WORK ITEM: Every line in the records below between the one holding "(loaded-entry (reg.slot s1.sa_allocators" and the one holding "-- Erasing a number that no thread has.", inclusive, is to be set down exactly; all other lines are to be left out.

··· RECORDS FOR THIS TASK

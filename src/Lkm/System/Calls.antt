-- ===== src/Lkm/System/Calls.antt =====
-- sa_alloc, sa_fork and sa_free of lkm/core/api.c with the table of the allocators.
use shadow_stack_llvm.Prelude.{
  ℕ, ◌≤◌, ◌≡◌, refl, sym, ap, subst, ◌∙◌, inl, inr, none, some, arith, ◌==◌, if◌then◌else◌,
  Bool-cases, Option-cases, Pick, ◌∷◌,
}
use shadow_stack_llvm.Lkm.Layout.{threads_limit, addr_to_id, is_bad_addr}
use shadow_stack_llvm.Lkm.Memory.{Memory}
use shadow_stack_llvm.Lkm.PageTable.{PageTables}
use shadow_stack_llvm.Lkm.Xarray.{Xarray, free, entry, loaded}
use shadow_stack_llvm.Lkm.FreeList.Invariant.{IsGl}
use shadow_stack_llvm.Lkm.Threads.{ThreadDesc, Focus, sa_free_held}
use shadow_stack_llvm.Lkm.Threads.Alloc.{sa_alloc_held_lem}
use shadow_stack_llvm.Lkm.Threads.Fork.{IsParent, sa_fork_held_lem}
use shadow_stack_llvm.Lkm.Threads.Free.{sa_free_held_lem, sa_free_held-einval}
use shadow_stack_llvm.Lkm.System.{
  Desc, System, focus, unfocus, put_desc, alloc_put, alloc_find, process_alloc, process_fork,
  process_free,
}
use shadow_stack_llvm.Lkm.System.Keys.{Stacks, stacks, Pick-stacks}
use shadow_stack_llvm.Lkm.System.Invariant.{
  one, none_held, Inv, changed-Inv, same-Owns, more-Owns, less-Owns, update-hit,
}
use shadow_stack_llvm.Lkm.System.Refs.{one_self, one-other, loaded-entry, put-Inv, get-Inv}

module _ (m : Memory) (t : PageTables) (x : Xarray ThreadDesc) (reg : Xarray ℕ) where
  open m use {view}
  open x use {slot, size, size-same, size-entry}

  -- The invariant with some stacks in use.
  abbrev pub Sound : System m t x reg → Type 0
  Sound s = (held : Stacks) × Inv m t x reg none_held held s

  -- A call that failed still holds its reference; the threads are as before.
  pub unserved-Inv :
      {held : Stacks} (tgid p : ℕ) (d : Desc m t x reg) (f : Focus m t x) (s : System m t x reg)
      → Inv m t x reg (one p) held s
      → s.desc p ≡ some d
      → IsGl f.gl (stacks held) (view f.mem)
      → ((j : ℕ) → slot f.threads j ≡ slot d.threads j)
      → Inv m t x reg (one p) held (unfocus m t x reg tgid p d f s)
  unserved-Inv tgid p d f s i at_p g same =
      let n = size-same f.threads d.threads (λ j. ap loaded (same j)) in
      changed-Inv m t x reg s tgid p d f d.kref i at_p (λ q miss. refl) (rw n (i.counted p d at_p))
        (i.alive p d at_p) (same-Owns m t x reg s p d f i at_p g (λ j v e. sym (same j) ∙ e))

  -- It drops its reference.
  refused-Inv :
      {held : Stacks} (tgid p : ℕ) (d : Desc m t x reg) (f : Focus m t x) (s : System m t x reg)
      → Inv m t x reg (one p) held s
      → s.desc p ≡ some d
      → IsGl f.gl (stacks held) (view f.mem)
      → ((j : ℕ) → slot f.threads j ≡ slot d.threads j)
      → Inv m t x reg none_held held (alloc_put m t x reg p (unfocus m t x reg tgid p d f s))
  refused-Inv tgid p d f s i at_p g same =
      let d' : Desc m t x reg = record d { threads = f.threads; max_id = f.max_id } in
      put-Inv m t x reg p d' (unfocus m t x reg tgid p d f s)
        (update-hit m t x reg s.desc p (some d')) (unserved-Inv tgid p d f s i at_p g same)

  -- A call that made a thread leaves its reference to the thread.
  added-Inv :
      {held : Stacks} (tgid p id : ℕ) (w : ThreadDesc) (d : Desc m t x reg) (f : Focus m t x)
      (s : System m t x reg)
      → Inv m t x reg (one p) held s
      → s.desc p ≡ some d
      → id ≤ threads_limit
      → slot d.threads id ≡ free
      → IsGl f.gl (w.pagelist ∷ stacks held) (view f.mem)
      → ((j : ℕ) → slot f.threads j ≡ (if j == id then entry w else slot d.threads j))
      → Inv m t x reg none_held (((p, id), w.pagelist) ∷ held) (unfocus m t x reg tgid p d f s)
  added-Inv tgid p id w d f s i at_p small unused g h =
      let n = size-entry id w d.threads f.threads unused h in
      changed-Inv m t x reg s tgid p d f d.kref i at_p (λ q miss. sym (one-other p q miss))
        (omega (arith, n, i.counted p d at_p, one_self p)) (i.alive p d at_p)
        (more-Owns m t x reg s p d f id w i at_p small g h)

  pub alloc-Sound :
      (tgid pid addr : ℕ) (s : System m t x reg)
      → Sound s
      → Sound (process_alloc m t x reg tgid pid addr s).2
  unfolding process_alloc
  alloc-Sound tgid pid addr s (held, i) = elim (get-Inv m t x reg tgid s i) [
    | inl (e, e1) ↦ rw (e, e1, process_alloc) (held, i)
    | inr (p, d, tg, e, e1, i1) ↦
        let s1 = put_desc m t x reg p d s in
        let at_p : s1.desc p ≡ some d = update-hit m t x reg s.desc p (some d) in
        elim (sa_alloc_held_lem m t x pid addr (stacks held) (focus m t x reg tgid d s1) i1.gl) [
          | inl (ok, a) ↦
              rw (e, e1, ok, process_alloc)
                (
                  ((p, a.id), a.stack) ∷ held,
                  added-Inv tgid p a.id _ d _ s1 i1 at_p a.within a.unused a.gl a.threads,
                )
          | inr (bad, r) ↦
              rw (e, e1, bad, process_alloc)
                (held, refused-Inv tgid p d _ s1 i1 at_p r.gl r.threads)
        ]
  ]

  pub parents :
      {extra : ℕ → ℕ} {held : Stacks} (s : System m t x reg) (q : ℕ) (parent : Desc m t x reg)
      → Inv m t x reg extra held s
      → s.desc q ≡ some parent
      → IsParent m t x parent.threads (stacks held)
  parents s q parent i at_q = record {
    within = λ id v e. (i.owned q parent id v at_q e).0;
    in_use =
        λ id v e. let old = i.owned q parent id v at_q e in (stacks old.1.0, Pick-stacks old.1.1);
  }

  pub fork-Sound :
      (tgid pid parent_tgid parent_pid : ℕ) (s : System m t x reg)
      → Sound s
      → Sound (process_fork m t x reg tgid pid parent_tgid parent_pid s).1
  unfolding process_fork alloc_find
  fork-Sound tgid pid parent_tgid parent_pid s (held, i) = elim (get-Inv m t x reg tgid s i) [
    | inl (e, e1) ↦ rw (e, e1, process_fork) (held, i)
    | inr (p, d, tg, e, e1, i1) ↦
        let s1 = put_desc m t x reg p d s in
        let at_p : s1.desc p ≡ some d = update-hit m t x reg s.desc p (some d) in
        let listed = loaded (reg.slot s1.sa_allocators parent_tgid) in
        elim (Option-cases listed) [
          | inl absent ↦
              rw (e, e1, absent, process_fork, e1) (held, put-Inv m t x reg p d s1 at_p i1)
          | inr (q, found) ↦
              let (parent, at_q, tq) =
                i1.table parent_tgid q
                  (loaded-entry (reg.slot s1.sa_allocators parent_tgid) q found) in
              elim (sa_fork_held_lem m t x pid parent_pid parent.threads (stacks held)
                (focus m t x reg tgid d s1) (parents s1 q parent i1 at_q) i1.gl) [
                  | inl (ok, a) ↦
                      rw (e, e1, found, e1, at_q, e1, ok, process_fork)
                        (
                          ((p, a.id), a.stack) ∷ held,
                          added-Inv tgid p a.id _ d _ s1 i1 at_p
                              (i1.owned q parent a.id a.old at_q a.found).0 a.unused a.gl a.threads,
                        )
                  | inr (bad, r) ↦
                      rw (e, e1, found, e1, at_q, e1, bad, process_fork)
                        (held, refused-Inv tgid p d _ s1 i1 at_p r.gl r.threads)
                ]
        ]
  ]

  -- Erasing a number that no thread has.
  pub missed-loaded :
      (id : ℕ) (a b : x.Array)
      → loaded (slot a id) ≡ none
      → ((j : ℕ) → slot b j ≡ (if j == id then free else slot a j))
      → (j : ℕ) → loaded (slot b j) ≡ loaded (slot a j)
  missed-loaded id a b absent h j = elim (Bool-cases (j == id)) [
    | inl hit ↦
        let same_j : j ≡ id = ground (arith, hit) in
        let gone : slot b j ≡ free = h j ∙ rw hit refl in
        ap loaded gone ∙ sym (ap (λ y. loaded (slot a y)) same_j ∙ absent)
    | inr miss ↦ let kept : slot b j ≡ slot a j = h j ∙ rw miss refl in ap loaded kept
  ]

  -- sa_free_held of an address that no thread has.
  missed-Inv :
      {held : Stacks} (tgid p addr : ℕ) (d : Desc m t x reg) (s : System m t x reg)
      → Inv m t x reg none_held held s
      → s.desc p ≡ some d
      → loaded (slot d.threads (addr_to_id addr)) ≡ none
      → Inv m t x reg none_held held
          (unfocus m t x reg tgid p d (sa_free_held m t x addr (focus m t x reg tgid d s)).1 s)
  missed-Inv {held} tgid p addr d s i at_p absent =
      let id = addr_to_id addr in
      let f = focus m t x reg tgid d s in
      let (ret, same, h) = sa_free_held-einval m t x addr f absent in
      let f' = (sa_free_held m t x addr f).1 in
      let g : IsGl f'.gl (stacks held) (view f'.mem) =
        subst (λ (y : Focus m t x). IsGl y.gl (stacks held) (view y.mem)) (sym same) i.gl in
      let n = size-same f'.threads d.threads (missed-loaded id d.threads f'.threads absent h) in
      changed-Inv m t x reg s tgid p d f' d.kref i at_p (λ q miss. refl) (rw n (i.counted p d at_p))
        (i.alive p d at_p)
        (same-Owns m t x reg s p d f' i at_p g (λ j v e. elim (Bool-cases (j == id)) [
          | inl hit ↦ let gone : free ≡ entry v = sym (h j ∙ rw hit refl) ∙ e in cc
          | inr miss ↦ sym (h j ∙ rw miss refl) ∙ e
        ]))

  -- sa_free_held of a thread: its reference is the call's.
  pub released-Inv :
      {held rest : Stacks} (tgid p id : ℕ) (v : ThreadDesc) (d : Desc m t x reg) (f : Focus m t x)
      (s : System m t x reg)
      → Inv m t x reg none_held held s
      → s.desc p ≡ some d
      → slot d.threads id ≡ entry v
      → Pick ((p, id), v.pagelist) held rest
      → IsGl f.gl (stacks rest) (view f.mem)
      → ((j : ℕ) → slot f.threads j ≡ (if j == id then free else slot d.threads j))
      → Inv m t x reg (one p) rest (unfocus m t x reg tgid p d f s)
  released-Inv tgid p id v d f s i at_p there_v gone g h =
      let unused : slot f.threads id ≡ free = h id ∙ ground arith in
      let n = size-entry id v f.threads d.threads unused (λ j. elim (Bool-cases (j == id)) [
        | inl hit ↦ let same_j : j ≡ id = ground (arith, hit) in rw (hit, same_j) there_v
        | inr miss ↦ rw miss (sym (h j ∙ rw miss refl))
      ]) in
      changed-Inv m t x reg s tgid p d f d.kref i at_p (λ q miss. one-other p q miss)
        (omega (arith, n, i.counted p d at_p, one_self p)) (i.alive p d at_p)
        (less-Owns m t x reg s p d f id v i at_p gone g h)

  -- The call drops it.
  freed-Inv :
      {held rest : Stacks} (tgid p id : ℕ) (v : ThreadDesc) (d : Desc m t x reg) (f : Focus m t x)
      (s : System m t x reg)
      → Inv m t x reg none_held held s
      → s.desc p ≡ some d
      → slot d.threads id ≡ entry v
      → Pick ((p, id), v.pagelist) held rest
      → IsGl f.gl (stacks rest) (view f.mem)
      → ((j : ℕ) → slot f.threads j ≡ (if j == id then free else slot d.threads j))
      → Inv m t x reg none_held rest (alloc_put m t x reg p (unfocus m t x reg tgid p d f s))
  freed-Inv tgid p id v d f s i at_p there_v gone g h =
      let d' : Desc m t x reg = record d { threads = f.threads; max_id = f.max_id } in
      put-Inv m t x reg p d' (unfocus m t x reg tgid p d f s)
        (update-hit m t x reg s.desc p (some d'))
        (released-Inv tgid p id v d f s i at_p there_v gone g h)

  pub free-Sound :
      (tgid addr : ℕ) (s : System m t x reg)
      → Sound s
      → Sound (process_free m t x reg tgid addr s).1
  unfolding process_free alloc_find
  free-Sound tgid addr s (held, i) = elim (Bool-cases (is_bad_addr addr)) [
    | inl bad ↦ rw (bad, process_free) (held, i)
    | inr good ↦ elim (Option-cases (loaded (reg.slot s.sa_allocators tgid))) [
      | inl absent ↦ rw (good, absent, process_free) (held, i)
      | inr (p, found) ↦
          let (d, at_p, tg) =
            i.table tgid p (loaded-entry (reg.slot s.sa_allocators tgid) p found) in
          let id = addr_to_id addr in
          elim (Option-cases (loaded (slot d.threads id))) [
            | inl absent ↦
                let ret = (sa_free_held-einval m t x addr (focus m t x reg tgid d s) absent).0 in
                rw (good, found, at_p, ret, process_free)
                  (held, missed-Inv tgid p addr d s i at_p absent)
            | inr (v, e) ↦
                let there_v = loaded-entry (slot d.threads id) v e in
                let old = i.owned p d id v at_p there_v in
                let (ret, r) =
                  sa_free_held_lem m t x addr (focus m t x reg tgid d s) v there_v
                    (Pick-stacks old.1.1) i.gl in
                rw (good, found, at_p, ret, process_free)
                  (old.1.0, freed-Inv tgid p id v d _ s i at_p there_v old.1.1 r.gl r.threads)
          ]
    ]
  ]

······

EXPECTED OUTPUT:
                  (loaded-entry (reg.slot s1.sa_allocators parent_tgid) q found) in
              elim (sa_fork_held_lem m t x pid parent_pid parent.threads (stacks held)
                (focus m t x reg tgid d s1) (parents s1 q parent i1 at_q) i1.gl) [
                  | inl (ok, a) ↦
                      rw (e, e1, found, e1, at_q, e1, ok, process_fork)
                        (
                          ((p, a.id), a.stack) ∷ held,
                          added-Inv tgid p a.id _ d _ s1 i1 at_p
                              (i1.owned q parent a.id a.old at_q a.found).0 a.unused a.gl a.threads,
                        )
                  | inr (bad, r) ↦
                      rw (e, e1, found, e1, at_q, e1, bad, process_fork)
                        (held, refused-Inv tgid p d _ s1 i1 at_p r.gl r.threads)
                ]
        ]
  ]

  -- Erasing a number that no thread has.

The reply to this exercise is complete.